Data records

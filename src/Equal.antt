-- ===== src/Equal.antt =====
-- The equivalence predicates qz_eq, qz_eqv and qz_equal of quuz-object.c.
pub mod Control
pub mod Words
pub mod Pairs
use quuz.Prelude.{
  ℕ, zero, suc, ◌+◌, ◌-◌, ◌*◌, ◌/◌, ◌%◌, ◌^◌, Bool, true, false, not, ◌&&◌, ◌||◌, Option, none,
  some, List, [], ◌∷◌, length, ltb, leb, ◌==◌, if◌then◌else◌,
}
use quuz.Object.Tag.{Obj}
use quuz.Object.PointerTag
use quuz.Object.CellType
use quuz.Object.Info.{cell_type}
use quuz.Machine.Store.{Payload, bytes, objs, real}
use quuz.Machine.Outcome.{out_of_fuel, M, pure, ◌>>=◌, ◌>>◌, crash}
use quuz.Machine.Cell.{load, cell_ptr, pair_at}

unfoldable pub eq : Obj → Obj → Bool
eq a b = a == b

unfoldable pub eqv : Obj → Obj → Bool
eqv a b = a == b

-- `memcmp(...) == 0`
abbrev pub same_bytes : List ℕ → List ℕ → Bool
same_bytes [] [] = true
same_bytes (x ∷ xs) (y ∷ ys) = (x == y) && same_bytes xs ys
same_bytes _ _ = false

abbrev compare_bytes : Payload → Payload → M Bool
compare_bytes (bytes _ xs) (bytes _ ys) =
    if length xs == length ys then pure (same_bytes xs ys) else pure false
compare_bytes _ _ = crash

-- compare_array, where the elements are single bytes
unfoldable pub compare_array : ℕ → ℕ → M Bool
unfolding load
compare_array a b = do x ← load a; y ← load b; compare_bytes x.value y.value

-- `==` on doubles, by their bits: a NaN equals nothing, and the two zeros are equal.
abbrev is_nan : ℕ → Bool
is_nan x = (x / 2 ^ 52 % 2 ^ 11 == 2 ^ 11 - 1) && not (x % 2 ^ 52 == 0)

abbrev same_real : ℕ → ℕ → Bool
same_real x y =
    not (is_nan x) && not (is_nan y) && ((x == y) || ((x % 2 ^ 63 == 0) && (y % 2 ^ 63 == 0)))

abbrev compare_reals : Payload → Payload → M Bool
compare_reals (real x) (real y) = pure (same_real x y)
compare_reals _ _ = crash

-- The loop over two vectors of one size.
unfoldable pub equal_elems : (Obj → Obj → M Bool) → List Obj → List Obj → M Bool
equal_elems rec (x ∷ xs) (y ∷ ys) = do b ← rec x y; if b then equal_elems rec xs ys else pure false
equal_elems rec _ _ = pure true

abbrev compare_vectors : (Obj → Obj → M Bool) → Payload → Payload → M Bool
compare_vectors rec (objs _ xs) (objs _ ys) =
    if length xs == length ys then equal_elems rec xs ys else pure false
compare_vectors rec _ _ = crash

-- The comparison of two cells of one type; `rec` compares their parts. In the clause for pairs the
-- second comparison is that of `b_cell->value.pair.rest` with itself, as in the source.
unfoldable pub equal_cells : (Obj → Obj → M Bool) → (type a b : ℕ) → M Bool
unfolding pair_at compare_array equal_elems load
equal_cells rec type a b =
    if leb type CellType.promise
    then (do
      x ← pair_at a
      y ← pair_at b
      same ← rec x.0 y.0
      (if same then rec y.1 y.1 else pure false))
    else if type == CellType.string
    then compare_array a b
    else if type == CellType.vector
    then (do x ← load a; y ← load b; compare_vectors rec x.value y.value)
    else if type == CellType.bytevector
    then compare_array a b
    else if type == CellType.real
    then (do x ← load a; y ← load b; compare_reals x.value y.value)
    else crash

-- `qz_equal`, on fuel: a cyclic object never ends it.
unfoldable pub equal : ℕ → Obj → Obj → M Bool
unfolding cell_ptr load equal_cells
equal zero a b st = out_of_fuel
equal (suc n) a b st =
    (if a == b
        then pure true
        else if not (a % 8 == b % 8)
        then pure false
        else if not (a % 8 == PointerTag.cell)
        then pure false
        else do
          a_cell ← cell_ptr a
          b_cell ← cell_ptr b
          x ← load a_cell
          y ← load b_cell
          (if cell_type x.info == cell_type y.info
              then equal_cells (equal n) (cell_type x.info) a_cell b_cell
              else pure false))
      st

-- `qz_equal`
unfoldable pub qz_equal : Obj → Obj → M Bool
unfolding equal
qz_equal a b st = equal st.brk a b st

* [Instructions for the task]:
Would you mind giving all the records again exactly?

* [Output for this exercise]:
filename src/Equal.antt
-- ===== src/Equal.antt =====
-- The equivalence predicates qz_eq, qz_eqv and qz_equal of quuz-object.c.
pub mod Control
pub mod Words
pub mod Pairs
use quuz.Prelude.{
  ℕ, zero, suc, ◌+◌, ◌-◌, ◌*◌, ◌/◌, ◌%◌, ◌^◌, Bool, true, false, not, ◌&&◌, ◌||◌, Option, none,
  some, List, [], ◌∷◌, length, ltb, leb, ◌==◌, if◌then◌else◌,
}
use quuz.Object.Tag.{Obj}
use quuz.Object.PointerTag
use quuz.Object.CellType
use quuz.Object.Info.{cell_type}
use quuz.Machine.Store.{Payload, bytes, objs, real}
use quuz.Machine.Outcome.{out_of_fuel, M, pure, ◌>>=◌, ◌>>◌, crash}
use quuz.Machine.Cell.{load, cell_ptr, pair_at}

unfoldable pub eq : Obj → Obj → Bool
eq a b = a == b

unfoldable pub eqv : Obj → Obj → Bool
eqv a b = a == b

-- `memcmp(...) == 0`
abbrev pub same_bytes : List ℕ → List ℕ → Bool
same_bytes [] [] = true
same_bytes (x ∷ xs) (y ∷ ys) = (x == y) && same_bytes xs ys
same_bytes _ _ = false

abbrev compare_bytes : Payload → Payload → M Bool
compare_bytes (bytes _ xs) (bytes _ ys) =
    if length xs == length ys then pure (same_bytes xs ys) else pure false
compare_bytes _ _ = crash

-- compare_array, where the elements are single bytes
unfoldable pub compare_array : ℕ → ℕ → M Bool
unfolding load
compare_array a b = do x ← load a; y ← load b; compare_bytes x.value y.value

-- `==` on doubles, by their bits: a NaN equals nothing, and the two zeros are equal.
abbrev is_nan : ℕ → Bool
is_nan x = (x / 2 ^ 52 % 2 ^ 11 == 2 ^ 11 - 1) && not (x % 2 ^ 52 == 0)

abbrev same_real : ℕ → ℕ → Bool
same_real x y =
    not (is_nan x) && not (is_nan y) && ((x == y) || ((x % 2 ^ 63 == 0) && (y % 2 ^ 63 == 0)))

abbrev compare_reals : Payload → Payload → M Bool
compare_reals (real x) (real y) = pure (same_real x y)
compare_reals _ _ = crash

-- The loop over two vectors of one size.
unfoldable pub equal_elems : (Obj → Obj → M Bool) → List Obj → List Obj → M Bool
equal_elems rec (x ∷ xs) (y ∷ ys) = do b ← rec x y; if b then equal_elems rec xs ys else pure false
equal_elems rec _ _ = pure true

abbrev compare_vectors : (Obj → Obj → M Bool) → Payload → Payload → M Bool
compare_vectors rec (objs _ xs) (objs _ ys) =
    if length xs == length ys then equal_elems rec xs ys else pure false
compare_vectors rec _ _ = crash

-- The comparison of two cells of one type; `rec` compares their parts. In the clause for pairs the
-- second comparison is that of `b_cell->value.pair.rest` with itself, as in the source.
unfoldable pub equal_cells : (Obj → Obj → M Bool) → (type a b : ℕ) → M Bool
unfolding pair_at compare_array equal_elems load
equal_cells rec type a b =
    if leb type CellType.promise
    then (do
      x ← pair_at a
      y ← pair_at b
      same ← rec x.0 y.0
      (if same then rec y.1 y.1 else pure false))
    else if type == CellType.string
    then compare_array a b
    else if type == CellType.vector
    then (do x ← load a; y ← load b; compare_vectors rec x.value y.value)
    else if type == CellType.bytevector
    then compare_array a b
    else if type == CellType.real
    then (do x ← load a; y ← load b; compare_reals x.value y.value)
    else crash

-- `qz_equal`, on fuel: a cyclic object never ends it.
unfoldable pub equal : ℕ → Obj → Obj → M Bool
unfolding cell_ptr load equal_cells
equal zero a b st = out_of_fuel
equal (suc n) a b st =
    (if a == b
        then pure true
        else if not (a % 8 == b % 8)
        then pure false
        else if not (a % 8 == PointerTag.cell)
        then pure false
        else do
          a_cell ← cell_ptr a
          b_cell ← cell_ptr b
          x ← load a_cell
          y ← load b_cell
          (if cell_type x.info == cell_type y.info
              then equal_cells (equal n) (cell_type x.info) a_cell b_cell
              else pure false))
      st

-- `qz_equal`
unfoldable pub qz_equal : Obj → Obj → M Bool
unfolding equal
qz_equal a b st = equal st.brk a b st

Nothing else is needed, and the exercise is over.